The 7.62 cm FK 36(r) and Pak 36(r) (7.62 cm Feldkanone (Field gun)/36 (russisch) and Panzerabwehrkanone (Anti-tank gun) 36(russisch)) were German anti-tank guns used by the Wehrmacht in World War II. The first guns were conversions of the Soviet 76 mm divisional gun M1936 (F-22). Later in the war, the Soviet USV and ZiS-3 76 mm divisional guns were also converted.

Description
The FK36(r) and Pak 36(r) both had a split-trail carriage with a transverse leaf spring axle suspension, and steel wheels, with foam rubber filled tires. The guns were equipped with a semi-automatic vertical breech block; the recoil mechanism consisted of a hydraulic recoil buffer and a hydropneumatic recuperator. There was no limber; therefore the gun could not be towed by a horse team.

Development history
Soon after the German invasion of the USSR in 1941, Wehrmacht units encountered new Soviet tanks: the medium T-34 and the heavy KV. The thick sloped armor of these vehicles gave them a good degree of protection against German anti-tank weapons. The situation eventually led to requests for more powerful guns that would be able to destroy them from long range. Germany already had a suitable design, the 7.5 cm Pak 40, entering production in late 1941, but the first pieces were not delivered until 1942. Until enough of these could be manufactured, expedient solutions were required.

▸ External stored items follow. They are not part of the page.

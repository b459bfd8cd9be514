-- ===== src/Snapshots/Manifest/Content.antt =====
-- What the manifest holds when it has been written.
use browser_visit_logger.Base.{
  List, [], ◌∷◌, text_eq, some, Text, ℕ, ◌++◌, ◌≡◌, ◌∙◌, ap, arith, sym, append-nil, length,
  if◌then◌else◌, append_assoc, refl,
}
use browser_visit_logger.Base.{Bool, true, false, Option, none}
use browser_visit_logger.Snapshots.Manifest.Listing.{Lists}
use browser_visit_logger.Snapshots.Manifest.Built.{Same, Ensures-build_manifest_rows}
use browser_visit_logger.Snapshots.Effects.{
  Env, World, Io, ◌>>◌, ◌>>=◌, os_write, pure, ok, err, Result, continue, os_outcome,
}
use browser_visit_logger.Snapshots.Manifest.{
  line_of, write_lines, chmod, append_to, manifest_filename, header, write_manifest_file,
  build_manifest_rows,
}
use browser_visit_logger.Files.{Files, file, path_exists}
use browser_visit_logger.Base.Dict.{get, put, get-put, pop}
use browser_visit_logger.Paths.{path_join}
use browser_visit_logger.Snapshots.Effects.Rules.{Ensures, Ensures-bind, Ensures-os_write, Returned}
use mathlib.Core.Path.{subst}

-- The text of lines, one for each row.
pub lines_text : List (List Text) → Text
lines_text [] = []
lines_text (row ∷ rows) = line_of row ++ lines_text rows

-- A file with this content and these permission bits stands at the path.
abbrev pub Holds : Text → Text → ℕ → Files → Type 0
Holds path content mode fs = get path fs ≡ some (file content mode)

-- A manifest of these rows stands in the directory, and nobody may write to it.
abbrev pub IsManifest : Text → List (List Text) → Files → Type 0
IsManifest date_subdir rows fs =
    Holds (path_join date_subdir manifest_filename) (lines_text (header ∷ rows)) 0o444 fs

pub Holds-put :
    (path content : Text) (mode : ℕ) (fs : Files)
    → Holds path content mode (put path (file content mode) fs)
Holds-put path content mode fs = get-put path path (file content mode) fs ∙ ground arith

pub Holds-append_to :
    (path content text : Text) (mode : ℕ) (fs : Files)
    → Holds path content mode fs
    → Holds path (content ++ text) mode (append_to path text fs)
Holds-append_to path content text mode fs h =
    rw (h, append_to) (Holds-put path (content ++ text) mode fs)

pub Holds-chmod :
    (path content : Text) (mode bits : ℕ) (fs : Files)
    → Holds path content mode fs
    → Holds path content bits (chmod path bits fs)
Holds-chmod path content mode bits fs h = rw (h, chmod) (Holds-put path content bits fs)

module _ (env : Env) (path : Text) (mode : ℕ) where
  -- Writing lines adds them to what the file holds.
  write_lines-Holds :
      (rows : List (List Text)) (content : Text)
      → Ensures
          (λ w. Holds path content mode w.fs)
          (write_lines env path rows)
          (λ _ v. Holds path (content ++ lines_text rows) mode v.fs)
  unfolding write_lines lines_text
  write_lines-Holds [] content = record {
    at = λ w h. h ∙ ap (λ t. some (file t mode)) (sym (append-nil content));
  }
  write_lines-Holds (row ∷ rows) content =
      Ensures-bind _ (λ _ v. Holds path (content ++ line_of row) mode v.fs) _ _ _
        (Ensures-os_write env _ (Holds path (content ++ line_of row) mode) _
          (λ w h. Holds-append_to path content (line_of row) mode w.fs h))
        (λ _.
          subst
            (λ t.
              Ensures (λ w. Holds path (content ++ line_of row) mode w.fs)
                (write_lines env path rows) (λ _ v. Holds path t mode v.fs))
            (append_assoc content (line_of row) (lines_text rows))
            (write_lines-Holds rows (content ++ line_of row)))

module _ (env : Env) (date_subdir : Text) where
  abbrev pub path : Text
  path = path_join date_subdir manifest_filename

  -- From the opening of the file on.
  abbrev written : List (List Text) → Io ℕ
  written rows = do
    os_write env (put path (file [] 0o644))
    write_lines env path (header ∷ rows)
    os_write env (chmod path 0o444)
    pure (length rows)

  written-IsManifest :
      (rows : List (List Text))
      → Ensures
          (λ w. Unit {0})
          (written rows)
          (λ n v. (length rows ≡ n) × IsManifest date_subdir rows v.fs)
  written-IsManifest rows =
      Ensures-bind _ (λ _ v. Holds path [] 0o644 v.fs) _ _ _
        (Ensures-os_write env _ (Holds path [] 0o644) _ (λ w _. Holds-put path [] 0o644 w.fs))
        (λ _.
          Ensures-bind _ (λ _ v. Holds path (lines_text (header ∷ rows)) 0o644 v.fs) _ _ _
            (write_lines-Holds env path 0o644 (header ∷ rows) [])
            (λ _.
              Ensures-bind _ (λ _ v. IsManifest date_subdir rows v.fs) _ _ _
                (Ensures-os_write env _ (IsManifest date_subdir rows) _
                  (λ w h. Holds-chmod path (lines_text (header ∷ rows)) 0o644 0o444 w.fs h))
                (λ _. record { at = λ w h. (refl, h) })))

  -- The files without an earlier manifest of the directory.
  abbrev pub cleared : Files → Files
  cleared fs = if path_exists path fs then pop path fs else fs

  -- A manifest of `n` rows stands, and they are those of the directory's snapshots in the world `w`.
  abbrev pub Stands : World → ℕ → World → Type 0
  Stands w n v =
      (rows : List (List Text)) × (length rows ≡ n)
      × Lists env.match_by_filename_only date_subdir (cleared w.fs) w.db rows
      × IsManifest date_subdir rows v.fs

  written-Stands :
      (w : World) (rows : List (List Text))
      → Lists env.match_by_filename_only date_subdir (cleared w.fs) w.db rows
      → (u : World) → Returned (Stands w) (written rows u)
  written-Stands w rows h u = step (written rows u) ((written-IsManifest rows).at u tt)
    where
      step :
          (r : Result ℕ × World)
          → Returned (λ n v. (length rows ≡ n) × IsManifest date_subdir rows v.fs) r
          → Returned (Stands w) r
      step (ok n, v) (e, m) = (rows, e, h, m)
      step (err x, v) m = tt

  removed :
      (w : World)
      → Returned
          (λ _ v. (v.fs ≡ cleared w.fs) × Same env w.db v)
          ((if path_exists path w.fs then os_write env (pop path) else pure tt) w)
  unfolding os_write
  removed w = one (path_exists path w.fs)
    where
      popped :
          (f : Option (ℕ × Text))
          → Returned
              (λ (_ : Unit {0}) v. (v.fs ≡ pop path w.fs) × Same env w.db v)
              (os_outcome {0} env tt (pop path w.fs) w f)
      popped none = (refl, refl)
      popped (some x) = tt

      one :
          (b : Bool)
          → Returned
              (λ (_ : Unit {0}) v. (v.fs ≡ (if b then pop path w.fs else w.fs)) × Same env w.db v)
              ((if b then os_write env (pop path) else pure tt) w)
      one true = popped (env.os_fault w.tick)
      one false = (refl, refl)

  pub write_manifest_file-Stands :
      (w : World) → Returned (Stands w) (write_manifest_file env date_subdir w)
  unfolding write_manifest_file
  write_manifest_file-Stands w =
      step ((if path_exists path w.fs then os_write env (pop path) else pure tt) w) (removed w)
    where
      step :
          (r : Result (Unit {0}) × World)
          → Returned (λ _ v. (v.fs ≡ cleared w.fs) × Same env w.db v) r
          → Returned
              (Stands w)
              (continue (λ _. do rows ← build_manifest_rows env date_subdir; written rows) r)
      step (ok a, u) h =
          (Ensures-bind (λ v. (v.fs ≡ cleared w.fs) × Same env w.db v)
              (λ rows _. Lists env.match_by_filename_only date_subdir (cleared w.fs) w.db rows)
              (Stands w) (build_manifest_rows env date_subdir) written
              (Ensures-build_manifest_rows env w.db date_subdir (cleared w.fs))
              (λ rows. record { at = λ u h. written-Stands w rows h u })).at
            u h
      step (err x, u) h = tt

-- When writing the manifest returns a number, whichever statements failed on the way, the file is
-- read-only and holds the header's line and then that many rows. With the files and the tables as
-- they were before, but for an earlier manifest: each file of the directory that has a snapshot's
-- name and an event has its row, with the control characters of its fields taken out, each row is
-- that of such a file, and each row is one line, whose parts between the tabs are its fields.
pub write_manifest_file_lem :
    (env : Env) (date_subdir : Text) (w v : World) (n : ℕ)
    → write_manifest_file env date_subdir w ≡ (ok n, v)
    → (rows : List (List Text)) × (length rows ≡ n)
      × Lists env.match_by_filename_only date_subdir (cleared env date_subdir w.fs) w.db rows
      × IsManifest date_subdir rows v.fs
write_manifest_file_lem env date_subdir w v n e =
    subst (Returned (Stands env date_subdir w)) e (write_manifest_file-Stands env date_subdir w)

In the early stages of Operation Barbarossa, the Germans captured a large number (approximately 1,300) of Soviet 76-mm divisional guns model 1936 (F-22). Developed with anti-tank abilities in mind, this Soviet gun had powerful ballistics; it was also originally intended to use a more powerful cartridge than the one eventually adopted. However, the design had some shortcomings in the anti-tank role: the shield was too high, the two man laying was inconvenient and the sighting system was more suitable for the F-22's original divisional field gun role. Using considerable thrift, German engineers were able to quickly modify the F-22, which by that time had been adopted in original form as the FK296(r) by the Wehrmacht. In late 1941, German engineers developed a modernization program. The initial modifications that brought the guns to FK36(r) standard included:

 removing the top section of the shield and using the armour off-cuts to superimpose over the lower section of the shield. These were held in place using the standard Pak38 shield pintles.
 re-orienting the traverse gear box and handwheel shaft linkages so as to mount the traverse handwheel on the left side of the gun next to the sight. As the new transverse rod linkage went through a gap in the recoil cradle's elevation arc, the maximum elevation angle was limited to 18 degrees.
 replacing the Russian sight with a Pak 38 style anti-tank sighting block that could mount the standard ZF3x8 sighting telescope or an emergency fold out iron sight. Like the Pak 40 and Pak 97/38, the sight mount had provision for attaching an indirect sighting device - the Aushilfsrichtmittel 38 (ARM38).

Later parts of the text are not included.